Hawking’s singularity theory, the authors write, is “a point at which time comes to an end and the laws of physics break down.” Does this mean that time is the movement/dissipation of heat energy which stops under a singularity event? Presumably, the same goes for “space” (the authors introduce the idea by referencing “space-time” but then revert just to “time”) because it is bound up in some ultra-contraction event. Interestingly, does this mean that the big bang is not an explosion into pre-existing space, but rather, an explosion that creates space as energy and matter moves outward? This is an interesting question because the authors’ diagram (pp. 82-83) of a big bang scenario has the explosion going outward “into space,” begging the question as to what lies outside the lines of the diagram indicating the explosive expansion.

In a singularity event (“gravitationally collapsed stars,” renamed now as black holes), Hawking says that the “laws of quantum gravity take over.” This is where Einstein’s general relativity (gravitational collapse into a singularity) is a last bastion of classic physics, though the authors are not clear why this is so unless it’s meant that under singularity conditions, gravity pulls matter and energy so tight that no other gravitational effect is possible (no further room to go; is this the infinity of physicists?). One might think that this is too much for energy and matter to handle (a forcing together of sub-sub particles/energy quanta), resulting in an explosion, but Hawking does not go there. But neither does he say that energy and matter remain bound up forever (as the big bang name itself conveys). This moves the discussion into Hawking’s theory on black hole radiation where energy is released and eventually the black hole disappears, its energy having been reintegrated into the cosmic energy field.

The authors describe particles and anti-particles interacting at the boundary of the black hole, with one being absorbed and the other bouncing out and they say that this is the Hawking radiation. How does one make sense of this?

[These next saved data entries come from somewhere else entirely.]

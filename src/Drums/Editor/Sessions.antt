-- ===== src/Drums/Editor/Sessions.antt =====
-- The invariant over whole sessions of the editor.
use rehearse_kit.Common.{All, List, [], arith, ◌∷◌}
use rehearse_kit.Drums.Double.{Double, IsOrdered}
use rehearse_kit.Drums.Types.{DrumEvent}
use rehearse_kit.Drums.Hits.{ids_of}
use rehearse_kit.Drums.Hits.Ids.{Distinct}
use rehearse_kit.Drums.Hits.Sorting.{Timed}
use rehearse_kit.Drums.Editor.{
  EditorState, EditorAction, load, add, erase, delete, select, select_range, gesture_begin,
  gesture_end, move_to, set_art, set_vel, vel_add, compress, vel_draw, set_time, quantize, nudge,
  copy, paste, duplicate, undo, redo,
}
use rehearse_kit.Drums.Editor.Validity.{IsValid, IsGood-sort_hits}
use rehearse_kit.Drums.Editor.Commit.{initial_editor}
use rehearse_kit.Drums.Editor.Reducer.{reduce, run}
use rehearse_kit.Drums.Editor.KeepEdits.{
  do_move_to-IsValid, do_set_art-IsValid, do_set_vel-IsValid, do_vel_add-IsValid,
  do_compress-IsValid, do_vel_draw-IsValid, do_set_time-IsValid, do_quantize-IsValid,
  do_nudge-IsValid,
}
use rehearse_kit.Drums.Editor.KeepLists.{do_add-IsValid, do_paste-IsValid, do_duplicate-IsValid}
use rehearse_kit.Drums.Editor.KeepRemovals.{
  do_erase-IsValid, do_delete-IsValid, do_copy-IsValid, do_load-IsValid, next_manual_id-Below,
}
use rehearse_kit.Drums.Editor.KeepHistory.{
  do_gesture_begin-IsValid, do_gesture_end-IsValid, do_undo-IsValid, do_redo-IsValid,
}
use rehearse_kit.Drums.Editor.KeepSelection.{do_select-IsValid, do_select_range-IsValid}

module _ {F : Type 0} ⦃d : Double F⦄ where
  -- What the server sends: every time a number, and no id twice.
  abbrev pub IsDocument : List (DrumEvent F) → Type 0
  IsDocument hits = All (Timed {F = F}) hits × Distinct (ids_of hits)

  abbrev pub IsAllowed : EditorAction F → Type 0
  IsAllowed (load hits) = IsDocument hits
  IsAllowed _ = Unit {0}

  abbrev pub AllAllowed : List (EditorAction F) → Type 0
  AllAllowed = All IsAllowed

  module _ (o : IsOrdered d) where
    pub initial_editor-IsValid :
        (duration : F) (hits : List (DrumEvent F))
        → IsDocument hits
        → IsValid (initial_editor duration hits)
    unfolding initial_editor
    initial_editor-IsValid duration hits k = record {
      current = IsGood-sort_hits o _ 0 1 hits (omega arith) k.0 (next_manual_id-Below hits 1) k.1;
      backward = tt;
      forward = tt;
      start = tt;
      start_past = tt;
      start_future = tt;
      known = tt;
      selected_once = tt;
      capped = omega arith;
      start_capped = tt;
      measured = ground (arith, o.finite_zero);
    }

    -- With the laws of an order, every action keeps the invariant of the editor (the hits and
    -- every array of the history sorted, no id twice, manual ids below the next; the selection
    -- only ids of hits; at most 100 entries of history); a load is given a document with times
    -- that are numbers and no id twice.
    pub reduce-IsValid :
        (s : EditorState F) (a : EditorAction F) → IsAllowed a → IsValid s → IsValid (reduce s a)
    unfolding reduce
    reduce-IsValid s (load hits) k v = do_load-IsValid o s v hits k
    reduce-IsValid s (add art t vel) k v = do_add-IsValid o s v art t vel
    reduce-IsValid s (erase id) k v = do_erase-IsValid o s v id
    reduce-IsValid s delete k v = do_delete-IsValid o s v
    reduce-IsValid s (select ids mode) k v = do_select-IsValid s v ids mode
    reduce-IsValid s (select_range t0 t1 arts adding) k v =
        do_select_range-IsValid s v t0 t1 arts adding
    reduce-IsValid s gesture_begin k v = do_gesture_begin-IsValid o s v
    reduce-IsValid s gesture_end k v = do_gesture_end-IsValid o s v
    reduce-IsValid s (move_to base dt art) k v = do_move_to-IsValid o s v base dt art
    reduce-IsValid s (set_art art) k v = do_set_art-IsValid o s v art
    reduce-IsValid s (set_vel vel) k v = do_set_vel-IsValid o s v vel
    reduce-IsValid s (vel_add delta) k v = do_vel_add-IsValid o s v delta
    reduce-IsValid s compress k v = do_compress-IsValid o s v
    reduce-IsValid s (vel_draw vels) k v = do_vel_draw-IsValid o s v vels
    reduce-IsValid s (set_time t) k v = do_set_time-IsValid o s v t
    reduce-IsValid s (quantize snap strength) k v = do_quantize-IsValid o s v snap strength
    reduce-IsValid s (nudge dt) k v = do_nudge-IsValid o s v dt
    reduce-IsValid s copy k v = do_copy-IsValid o s v
    reduce-IsValid s (paste at) k v = do_paste-IsValid o s v at
    reduce-IsValid s (duplicate offset) k v = do_duplicate-IsValid o s v offset
    reduce-IsValid s undo k v = do_undo-IsValid o s v
    reduce-IsValid s redo k v = do_redo-IsValid o s v

    -- With the laws of an order, from a valid editor, after any sequence of actions (each load
    -- given a document with times that are numbers and no id twice) the editor is valid: the
    -- hits and every array of the history are sorted by time, hold no id twice and only manual
    -- ids below the next one; the selection has only ids of hits, none twice; the history has at
    -- most 100 entries.
    pub run-IsValid :
        (s : EditorState F) (actions : List (EditorAction F))
        → AllAllowed actions
        → IsValid s
        → IsValid (run s actions)
    run-IsValid s [] k v = v
    run-IsValid s (a ∷ actions) (k, ks) v =
        run-IsValid (reduce s a) actions ks (reduce-IsValid s a k v)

The black hole per se does not disappear; rather, the radiation occurs at the black hole boundary, the event horizon. How absorption of “one of the particles into the hole” reduces the black hole’s mass density the authors don’t say.** This all has something to do with entropy and the dissipation of heat energy (movement from hot to cold), though it is not clear how that works. But clearly something is missing from that explanation as the authors later state, simply, that it is in fact the black hole itself that disappears. Quoting Freeman Dyson, the authors write that “A black hole is not absolutely permanent but will ultimately evaporate into pure radiation.” In any event, whatever happens at the event horizon, the authors describe it as the boundary between classical physics (gravity, the pulling of matter-energy into itself under the general theory of relativity) and quantum physics (uncertainty principle and what happens inside of the event horizon) and that it was Hawking, not Einstein, who unites classical and quantum physics.***

The book mentions at the end that the then pope (John Paul) was ok with modern physics to a point. Quoting what the pope reportedly said, the authors write: ‘“ It’s all right to study the evolution of the universe after the big bang, but don’t inquire into the big bang itself, because that’s the moment of creation and therefore the work of God.’”

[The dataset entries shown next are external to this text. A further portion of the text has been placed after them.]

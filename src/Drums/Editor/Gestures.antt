-- ===== src/Drums/Editor/Gestures.antt =====
-- A gesture, a drag or a stroke of any length, is one undo step or none.
use rehearse_kit.Common.{
  ==_refl, List, Option, [], arith, false, if_both, inl, inr, is_some, length, none, not, or_else,
  refl, some, true, ◌<◌, ◌==◌, ◌||◌, ◌∷◌, ◌≡◌, ◌≤◌, ◌⊎◌, All,
}
use rehearse_kit.Drums.Double.{zero_f, truthy, Double}
use rehearse_kit.Drums.Types.{HitId, DrumEvent}
use rehearse_kit.Drums.Hits.{any_of, has, ids_of, same_ids, clamp_t, clamp_vel}
use rehearse_kit.Drums.Editor.{
  ClipItem, primary, EditorState, EditorAction, load, add, erase, delete, select, select_range,
  gesture_begin, gesture_end, move_to, set_art, set_vel, vel_add, compress, vel_draw, set_time,
  quantize, nudge, copy, paste, duplicate, undo, redo, push_past,
}
use rehearse_kit.Drums.Editor.Commit.{Patch, commit, committed_past, commit_if_changed, apply_edit}
use rehearse_kit.Drums.Editor.Selecting.{set_selection, do_select, do_select_range}
use rehearse_kit.Drums.Editor.History.{do_undo, do_redo, do_gesture_begin}
use rehearse_kit.Drums.Editor.Edits.{
  on_selected, at_vel, or_last_vel, do_add, do_erase, do_delete, do_move_to, do_set_art, do_set_vel,
  or_last_vel, do_vel_add, do_compress, do_vel_draw, do_set_time, set_time_of, do_quantize,
  do_nudge, do_copy, clip_from, picked, do_paste, do_duplicate, commit_new,
}
use rehearse_kit.Drums.Editor.Reducer.{reduce}

module _ {F : Type 0} ⦃d : Double F⦄ where
  -- What a drag may do: anything but load another document or end the gesture.
  abbrev pub IsWithin : EditorAction F → Type 0
  IsWithin (load hits) = ⊥
  IsWithin gesture_end = ⊥
  IsWithin _ = Unit {0}

  module _ (s : EditorState F) where
    -- Nothing has changed since the gesture began at `s`.
    pub record IsUntouched (t : EditorState F) : Type 0 where
      pub hits : t.hits ≡ s.hits
      pub past : t.past ≡ s.past
      pub future : t.future ≡ s.future
      pub changes : t.changes ≡ s.changes

    -- Something has: the hits at the start are the last entry of the past.
    pub record IsTouched (t : EditorState F) : Type 0 where
      pub hits : s.next_ref ≤ t.hits.ref
      pub past : t.past ≡ push_past s.past s.hits
      pub future : t.future ≡ []

    pub record InGesture (t : EditorState F) : Type 0 where
      pub active : t.in_gesture ≡ true
      pub start : t.gesture_from ≡ some s.hits
      pub start_past : t.gesture_past ≡ some s.past
      pub start_future : t.gesture_future ≡ some s.future
      pub start_changes : t.gesture_changes ≡ s.changes
      pub refs : s.next_ref ≤ t.next_ref
      pub state : IsUntouched t ⊎ IsTouched t

    module _ (old : s.hits.ref < s.next_ref) where
      pushed :
          (t : EditorState F)
          → InGesture t
          → IsUntouched t ⊎ IsTouched t
          → committed_past t ≡ push_past s.past s.hits
      unfolding committed_past
      pushed t g (inl w) = rw (g.active, g.start, w.hits, ==_refl s.hits.ref, w.past)
      pushed t g (inr w) =
          let other : (s.hits.ref == t.hits.ref) ≡ false = ground arith in
          rw (g.active, g.start, other, w.past)

      pub commit-InGesture :
          (t : EditorState F) (items : List (DrumEvent F)) (patch : Patch F)
          → InGesture t
          → InGesture (commit t items patch)
      unfolding commit
      commit-InGesture t items patch g = record {
        active = g.active;
        start = g.start;
        start_past = g.start_past;
        start_future = g.start_future;
        start_changes = g.start_changes;
        refs = omega arith;
        state = inr (record { hits = g.refs; past = pushed t g g.state; future = refl });
      }

      -- What an action may set beside the hits.
      set-InGesture :
          (t : EditorState F) (sel : List HitId) (vel : F) (clip : Option (List (ClipItem F)))
          → InGesture t
          → InGesture (record t { selection = sel; last_vel = vel; clipboard = clip })
      set-InGesture t sel vel clip g = record {
        active = g.active;
        start = g.start;
        start_past = g.start_past;
        start_future = g.start_future;
        start_changes = g.start_changes;
        refs = g.refs;
        state = set g.state;
      }
        where
          set :
              IsUntouched t ⊎ IsTouched t
              → IsUntouched (record t { selection = sel; last_vel = vel; clipboard = clip })
                ⊎ IsTouched (record t { selection = sel; last_vel = vel; clipboard = clip })
          set (inl w) =
              inl (record { hits = w.hits; past = w.past; future = w.future; changes = w.changes })
          set (inr w) = inr (record { hits = w.hits; past = w.past; future = w.future })

      module _ (t : EditorState F) (g : InGesture t) where
        apply_edit-InGesture : (f : DrumEvent F → Option (DrumEvent F)) → InGesture (apply_edit t f)
        unfolding apply_edit commit_if_changed
        apply_edit-InGesture f =
            if_both (λ r. InGesture (or_else r t)) (any_of (λ h. is_some (f h)) t.hits.items) _ _
              (commit-InGesture t _ _ g) g

        set_selection-InGesture : (sel : List HitId) → InGesture (set_selection t sel)
        unfolding set_selection
        set_selection-InGesture sel =
            if_both InGesture (same_ids sel t.selection) _ _ g
              (set-InGesture t sel t.last_vel t.clipboard g)

        clip_from-InGesture : (l : List (DrumEvent F)) → InGesture (clip_from d.sub l t)
        unfolding clip_from
        clip_from-InGesture [] = g
        clip_from-InGesture (h ∷ l) = set-InGesture t t.selection t.last_vel _ g

        set_time_of-InGesture : (p : Option (DrumEvent F)) (x : F) → InGesture (set_time_of p t x)
        unfolding set_time_of
        set_time_of-InGesture none x = g
        set_time_of-InGesture (some p) x =
            if_both InGesture (d.same (d.sub (clamp_t x t.duration) p.t) zero_f) _ _ g
              (apply_edit-InGesture _)

        set_vel-InGesture : (raw : F) → InGesture (do_set_vel t raw)
        unfolding do_set_vel or_last_vel commit_if_changed
        set_vel-InGesture raw =
            let vel = clamp_vel raw in
            let f = on_selected t (at_vel vel) in
            if_both (λ r. InGesture (or_last_vel t vel r))
              (any_of (λ h. is_some (f h)) t.hits.items) _ _ (commit-InGesture t _ _ g)
              (if_both InGesture (d.same t.last_vel vel) _ _ g
                (set-InGesture t t.selection vel t.clipboard g))

        -- Every action inside a gesture stays in it, and the first change alone makes an entry.
        pub reduce-InGesture : (a : EditorAction F) → IsWithin a → InGesture (reduce t a)
        unfolding reduce do_add do_erase do_delete do_move_to do_set_art do_vel_add do_compress
            do_vel_draw do_set_time do_quantize do_nudge do_copy do_paste do_duplicate commit_new
            do_select do_select_range do_gesture_begin do_undo do_redo
        reduce-InGesture (load hits) w = absurd w
        reduce-InGesture gesture_end w = absurd w
        reduce-InGesture (add art x vel) w = commit-InGesture t _ _ g
        reduce-InGesture (erase id) w =
            if_both InGesture (has (ids_of t.hits.items) id) _ _ (commit-InGesture t _ _ g) g
        reduce-InGesture delete w =
            if_both InGesture (length t.selection == 0) _ _ g (commit-InGesture t _ _ g)
        reduce-InGesture (select ids mode) w = set_selection-InGesture _
        reduce-InGesture (select_range t0 t1 arts adding) w = set_selection-InGesture _
        reduce-InGesture gesture_begin w = simp g.active g
        reduce-InGesture (move_to base dt art) w = apply_edit-InGesture _
        reduce-InGesture (set_art art) w = apply_edit-InGesture _
        reduce-InGesture (set_vel vel) w = set_vel-InGesture vel
        reduce-InGesture (vel_add delta) w =
            if_both InGesture (not (d.finite delta) || d.same delta zero_f) _ _ g
              (apply_edit-InGesture _)
        reduce-InGesture compress w = apply_edit-InGesture _
        reduce-InGesture (vel_draw vels) w = apply_edit-InGesture _
        reduce-InGesture (set_time x) w = set_time_of-InGesture (primary t) x
        reduce-InGesture (quantize snap strength) w =
            if_both InGesture ((length t.selection == 0) || not (d.lt zero_f strength)) _ _ g
              (apply_edit-InGesture _)
        reduce-InGesture (nudge dt) w =
            if_both InGesture ((length t.selection == 0) || not (truthy dt)) _ _ g
              (apply_edit-InGesture _)
        reduce-InGesture copy w = clip_from-InGesture (picked t)
        reduce-InGesture (paste at) w =
            if_both InGesture (length (or_else t.clipboard []) == 0) _ _ g
              (commit-InGesture t _ _ g)
        reduce-InGesture (duplicate offset) w =
            if_both InGesture (length (picked t) == 0) _ _ g (commit-InGesture t _ _ g)
        reduce-InGesture undo w = simp g.active g
        reduce-InGesture redo w = simp g.active g

  abbrev pub AllWithin : List (EditorAction F) → Type 0
  AllWithin = All IsWithin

*E.g., The authors state, for example, that Einstein dismisses the force of gravity, which made it unnecessary therefore “to explain the odd coincidence that inertial and gravitational mass are exactly the same.” The book is filled with these leaping statements that makes it hard for the lay reader to follow its key arguments.

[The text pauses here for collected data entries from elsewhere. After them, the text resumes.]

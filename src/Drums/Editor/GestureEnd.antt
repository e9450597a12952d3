-- ===== src/Drums/Editor/GestureEnd.antt =====
-- How a gesture ends.
use rehearse_kit.Common.{
  List, [], ==_refl, arith, false, if_both, inl, inr, refl, some, true, ◌++◌, ◌<◌, ◌==◌, ◌∷◌, ◌≡◌,
  ◌⊎◌,
}
use rehearse_kit.Drums.Double.{Double}
use rehearse_kit.Drums.Hits.{is_sorted, same_hits}
use rehearse_kit.Drums.Editor.{EditorState, EditorAction, gesture_begin, gesture_end, push_past}
use rehearse_kit.Drums.Editor.History.{
  done, do_undo, undo_from, undo_to, do_gesture_begin, do_gesture_end, restore, settle, end_from,
}
use rehearse_kit.Drums.Editor.Reducer.{reduce, run}
use rehearse_kit.Drums.Editor.UndoRedo.{last_of-push_past}
use rehearse_kit.Drums.Editor.Gestures.{
  AllWithin, IsUntouched, IsTouched, InGesture, reduce-InGesture,
}

module _ {F : Type 0} ⦃d : Double F⦄ where
  run-InGesture :
      (s : EditorState F)
      → s.hits.ref < s.next_ref
      → (t : EditorState F) (actions : List (EditorAction F)) → InGesture s t
      → AllWithin actions
      → InGesture s (run t actions)
  run-InGesture s old t [] g w = g
  run-InGesture s old t (a ∷ actions) g (w, ws) =
      run-InGesture s old (reduce t a) actions (reduce-InGesture s old t g a w) ws

  begun : (s : EditorState F) → s.in_gesture ≡ false → InGesture s (do_gesture_begin s)
  unfolding do_gesture_begin
  begun s out = simp out (record {
    active = refl;
    start = refl;
    start_past = refl;
    start_future = refl;
    start_changes = refl;
    refs = omega arith;
    state = inl (record { hits = refl; past = refl; future = refl; changes = refl });
  })

  -- How a gesture that began at `s` may end.
  pub data Ended (s e : EditorState F) : Type 0 where
    -- nothing changed, or it came back: hits, history and change count are those of the start
    unchanged :
        e.hits ≡ s.hits → e.past ≡ s.past → e.future ≡ s.future → e.changes ≡ s.changes → Ended s e
    -- one entry, from which undo gives back the hits of the start
    one_step :
        e.past ≡ push_past s.past s.hits → e.future ≡ [] → (do_undo e).hits ≡ s.hits → Ended s e

  abbrev IsOver : EditorState F → EditorState F → Type 0
  IsOver s e = (e.in_gesture ≡ false) × Ended s e

  module _ (s t : EditorState F) (g : InGesture s t) where
    -- A state outside every gesture with one new entry.
    stepped :
        (e : EditorState F)
        → e.in_gesture ≡ false
        → e.past ≡ push_past s.past s.hits
        → e.future ≡ []
        → Ended s e
    unfolding do_undo undo_from undo_to
    stepped e out p f =
        let undone : (do_undo e).hits ≡ s.hits =
          rw (out, p, last_of-push_past s.past s.hits) refl in
        one_step p f undone

    done-IsOver : IsUntouched s t → IsOver s (done t)
    done-IsOver w = (refl, unchanged w.hits w.past w.future w.changes)

    restore-IsOver : IsOver s (restore t s.hits)
    unfolding restore
    restore-IsOver =
        (refl, unchanged refl (rw g.start_past refl) (rw g.start_future refl) g.start_changes)

    settle-IsOver : IsTouched s t → IsOver s (settle t)
    unfolding settle
    settle-IsOver w =
        if_both (IsOver s) (is_sorted t.hits.items) _ _ (refl, stepped _ refl w.past w.future)
          (refl, stepped _ refl w.past w.future)

    end_from-IsOver :
        s.hits.ref < s.next_ref
        → IsUntouched s t ⊎ IsTouched s t
        → IsOver s (end_from (some s.hits) t)
    unfolding end_from
    end_from-IsOver old (inl w) =
        let same : (s.hits.ref == t.hits.ref) ≡ true = rw w.hits (==_refl s.hits.ref) in
        rw same (done-IsOver w)
    end_from-IsOver old (inr w) =
        let other : (s.hits.ref == t.hits.ref) ≡ false = ground arith in
        rw other (
          if_both (IsOver s) (same_hits s.hits.items t.hits.items) _ _ restore-IsOver
            (settle-IsOver w))

    end-IsOver : s.hits.ref < s.next_ref → IsOver s (do_gesture_end t)
    unfolding do_gesture_end
    end-IsOver old = simp (g.active, g.start) (end_from-IsOver old g.state)

  run-append :
      (t : EditorState F) (as' bs : List (EditorAction F)) → run t (as' ++ bs) ≡ run (run t as') bs
  run-append t [] bs = refl
  run-append t (a ∷ as') bs = run-append (reduce t a) as' bs

  -- Outside a gesture, with the number of the hits' array below the next number, a gesture of
  -- any actions but load and gestureEnd ends outside a gesture; it leaves hits, history and
  -- change count as they were, or leaves one entry more with nothing to redo, and then one undo
  -- gives back the hits from before it.
  pub gesture_one_step :
      (s : EditorState F) (actions : List (EditorAction F))
      → s.in_gesture ≡ false
      → s.hits.ref < s.next_ref
      → AllWithin actions
      → ((run s (gesture_begin ∷ actions ++ (gesture_end ∷ []))).in_gesture ≡ false)
        × Ended s (run s (gesture_begin ∷ actions ++ (gesture_end ∷ [])))
  unfolding reduce
  gesture_one_step s actions out old w =
      rw (run-append (do_gesture_begin s) actions (gesture_end ∷ []))
        (end-IsOver s _ (run-InGesture s old (do_gesture_begin s) actions (begun s out) w) old)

**“Hawking considered what might happen at the surface of a black hole (i.e., at the event horizon), “where the intense gravitational field interacts with these virtual pairs [particle and antiparticle]. It seems the intense gravity at the surface of the black hole can attract one of the particles of the virtual pair into the hole (negative energy), reducing the mass of the black hole, while the other unpaired particle (positive energy) escapes in the form of radiation and can be detected by an outside observer….”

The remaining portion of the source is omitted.